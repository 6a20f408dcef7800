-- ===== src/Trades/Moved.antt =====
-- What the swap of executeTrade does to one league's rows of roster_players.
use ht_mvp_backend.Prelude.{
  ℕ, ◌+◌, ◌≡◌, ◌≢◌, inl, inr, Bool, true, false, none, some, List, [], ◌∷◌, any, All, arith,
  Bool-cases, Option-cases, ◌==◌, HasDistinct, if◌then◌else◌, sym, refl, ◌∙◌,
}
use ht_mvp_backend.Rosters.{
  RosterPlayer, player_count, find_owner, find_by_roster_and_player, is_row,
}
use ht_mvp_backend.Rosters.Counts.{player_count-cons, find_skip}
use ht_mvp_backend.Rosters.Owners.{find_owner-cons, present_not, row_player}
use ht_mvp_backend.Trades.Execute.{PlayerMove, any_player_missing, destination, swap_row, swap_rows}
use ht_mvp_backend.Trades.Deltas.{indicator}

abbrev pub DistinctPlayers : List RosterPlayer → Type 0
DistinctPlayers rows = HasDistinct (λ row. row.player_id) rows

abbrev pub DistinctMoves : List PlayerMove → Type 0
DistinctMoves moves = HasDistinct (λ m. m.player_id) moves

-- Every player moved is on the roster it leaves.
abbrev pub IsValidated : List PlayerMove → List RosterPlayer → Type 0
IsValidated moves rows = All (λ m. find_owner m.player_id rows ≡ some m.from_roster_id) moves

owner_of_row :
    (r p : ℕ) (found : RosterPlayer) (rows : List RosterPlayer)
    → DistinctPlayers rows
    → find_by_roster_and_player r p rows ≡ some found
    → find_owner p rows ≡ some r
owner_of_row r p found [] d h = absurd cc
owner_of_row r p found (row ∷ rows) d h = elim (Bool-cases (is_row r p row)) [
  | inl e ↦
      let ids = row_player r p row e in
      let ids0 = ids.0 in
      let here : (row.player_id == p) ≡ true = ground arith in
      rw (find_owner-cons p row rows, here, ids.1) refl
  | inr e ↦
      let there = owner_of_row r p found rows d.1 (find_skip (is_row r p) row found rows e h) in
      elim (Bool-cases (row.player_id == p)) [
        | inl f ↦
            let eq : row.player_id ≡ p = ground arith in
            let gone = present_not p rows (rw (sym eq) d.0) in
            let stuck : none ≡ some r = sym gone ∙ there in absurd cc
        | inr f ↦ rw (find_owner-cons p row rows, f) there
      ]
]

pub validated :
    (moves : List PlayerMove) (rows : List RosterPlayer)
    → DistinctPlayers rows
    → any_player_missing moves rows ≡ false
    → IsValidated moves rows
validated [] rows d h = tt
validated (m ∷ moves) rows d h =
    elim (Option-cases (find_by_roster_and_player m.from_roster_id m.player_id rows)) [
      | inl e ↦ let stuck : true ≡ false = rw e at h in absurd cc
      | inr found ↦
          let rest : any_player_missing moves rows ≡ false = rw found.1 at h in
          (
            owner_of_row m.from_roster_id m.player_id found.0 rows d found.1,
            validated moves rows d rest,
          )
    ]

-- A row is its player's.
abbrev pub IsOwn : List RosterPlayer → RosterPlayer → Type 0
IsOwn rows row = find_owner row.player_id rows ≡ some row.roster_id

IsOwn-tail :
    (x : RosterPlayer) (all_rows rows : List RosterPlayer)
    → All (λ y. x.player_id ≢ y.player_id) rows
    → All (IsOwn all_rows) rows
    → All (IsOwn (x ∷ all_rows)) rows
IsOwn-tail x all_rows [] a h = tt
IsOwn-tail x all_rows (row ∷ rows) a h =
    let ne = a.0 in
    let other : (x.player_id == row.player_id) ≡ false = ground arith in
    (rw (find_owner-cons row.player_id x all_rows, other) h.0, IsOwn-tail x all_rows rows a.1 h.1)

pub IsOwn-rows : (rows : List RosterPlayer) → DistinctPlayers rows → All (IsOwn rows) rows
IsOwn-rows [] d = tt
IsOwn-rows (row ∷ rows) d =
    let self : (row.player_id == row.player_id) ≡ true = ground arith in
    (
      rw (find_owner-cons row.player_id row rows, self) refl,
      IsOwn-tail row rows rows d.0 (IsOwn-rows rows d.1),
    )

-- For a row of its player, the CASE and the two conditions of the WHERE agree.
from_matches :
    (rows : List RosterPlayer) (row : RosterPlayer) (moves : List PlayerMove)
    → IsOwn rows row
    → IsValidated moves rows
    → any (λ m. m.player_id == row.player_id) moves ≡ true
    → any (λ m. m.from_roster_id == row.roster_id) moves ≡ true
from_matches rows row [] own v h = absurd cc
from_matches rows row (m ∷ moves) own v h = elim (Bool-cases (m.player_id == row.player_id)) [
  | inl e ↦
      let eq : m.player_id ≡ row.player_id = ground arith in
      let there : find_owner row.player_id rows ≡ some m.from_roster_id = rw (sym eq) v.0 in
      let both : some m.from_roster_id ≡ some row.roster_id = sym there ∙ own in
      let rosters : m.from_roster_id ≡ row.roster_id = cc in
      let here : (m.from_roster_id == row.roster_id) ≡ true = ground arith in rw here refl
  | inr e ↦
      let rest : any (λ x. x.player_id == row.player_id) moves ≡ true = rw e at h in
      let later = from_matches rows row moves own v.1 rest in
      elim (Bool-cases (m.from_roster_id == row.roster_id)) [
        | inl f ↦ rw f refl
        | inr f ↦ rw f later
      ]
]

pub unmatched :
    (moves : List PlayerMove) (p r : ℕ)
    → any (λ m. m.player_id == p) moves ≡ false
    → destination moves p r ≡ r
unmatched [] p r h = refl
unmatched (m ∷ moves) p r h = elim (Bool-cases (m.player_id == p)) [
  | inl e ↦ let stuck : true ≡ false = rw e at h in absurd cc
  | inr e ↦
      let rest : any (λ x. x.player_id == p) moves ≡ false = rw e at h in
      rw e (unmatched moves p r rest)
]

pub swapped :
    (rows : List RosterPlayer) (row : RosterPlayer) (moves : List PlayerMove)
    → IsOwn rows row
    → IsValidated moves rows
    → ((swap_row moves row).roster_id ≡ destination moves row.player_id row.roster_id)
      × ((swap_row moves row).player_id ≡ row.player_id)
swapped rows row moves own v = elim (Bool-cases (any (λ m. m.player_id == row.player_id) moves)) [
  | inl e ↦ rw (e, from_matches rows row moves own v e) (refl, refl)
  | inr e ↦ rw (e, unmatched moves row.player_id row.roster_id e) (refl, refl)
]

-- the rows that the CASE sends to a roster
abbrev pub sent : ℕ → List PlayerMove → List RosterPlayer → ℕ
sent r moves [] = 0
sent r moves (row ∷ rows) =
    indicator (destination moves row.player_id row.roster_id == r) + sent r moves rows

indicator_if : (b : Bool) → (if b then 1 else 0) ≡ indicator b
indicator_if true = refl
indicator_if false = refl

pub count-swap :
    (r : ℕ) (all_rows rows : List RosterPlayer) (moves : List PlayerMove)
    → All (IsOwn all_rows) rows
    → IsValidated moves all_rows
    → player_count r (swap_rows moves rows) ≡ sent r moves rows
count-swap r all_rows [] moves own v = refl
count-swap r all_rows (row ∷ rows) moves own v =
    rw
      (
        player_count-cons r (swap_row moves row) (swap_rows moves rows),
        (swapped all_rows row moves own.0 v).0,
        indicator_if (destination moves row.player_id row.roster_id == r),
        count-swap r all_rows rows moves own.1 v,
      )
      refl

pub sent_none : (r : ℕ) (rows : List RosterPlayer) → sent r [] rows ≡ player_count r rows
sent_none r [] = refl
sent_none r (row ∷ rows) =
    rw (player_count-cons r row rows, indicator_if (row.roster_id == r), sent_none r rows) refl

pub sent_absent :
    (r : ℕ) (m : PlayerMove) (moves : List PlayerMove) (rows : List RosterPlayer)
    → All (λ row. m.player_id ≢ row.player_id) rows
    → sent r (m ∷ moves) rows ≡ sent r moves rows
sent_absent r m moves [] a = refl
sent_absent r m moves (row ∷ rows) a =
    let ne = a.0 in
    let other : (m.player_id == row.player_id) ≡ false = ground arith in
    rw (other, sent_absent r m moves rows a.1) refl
################
**YOUR TASK**:
From the records above, transcribe exactly the run of lines that opens with the line holding "let ids = row_player r p row e in" and closes with the line holding "-- A row is its player's.", both included.

**EXPECTED ANSWER**:
      let ids = row_player r p row e in
      let ids0 = ids.0 in
      let here : (row.player_id == p) ≡ true = ground arith in
      rw (find_owner-cons p row rows, here, ids.1) refl
  | inr e ↦
      let there = owner_of_row r p found rows d.1 (find_skip (is_row r p) row found rows e h) in
      elim (Bool-cases (row.player_id == p)) [
        | inl f ↦
            let eq : row.player_id ≡ p = ground arith in
            let gone = present_not p rows (rw (sym eq) d.0) in
            let stuck : none ≡ some r = sym gone ∙ there in absurd cc
        | inr f ↦ rw (find_owner-cons p row rows, f) there
      ]
]

pub validated :
    (moves : List PlayerMove) (rows : List RosterPlayer)
    → DistinctPlayers rows
    → any_player_missing moves rows ≡ false
    → IsValidated moves rows
validated [] rows d h = tt
validated (m ∷ moves) rows d h =
    elim (Option-cases (find_by_roster_and_player m.from_roster_id m.player_id rows)) [
      | inl e ↦ let stuck : true ≡ false = rw e at h in absurd cc
      | inr found ↦
          let rest : any_player_missing moves rows ≡ false = rw found.1 at h in
          (
            owner_of_row m.from_roster_id m.player_id found.0 rows d found.1,
            validated moves rows d rest,
          )
    ]

-- A row is its player's.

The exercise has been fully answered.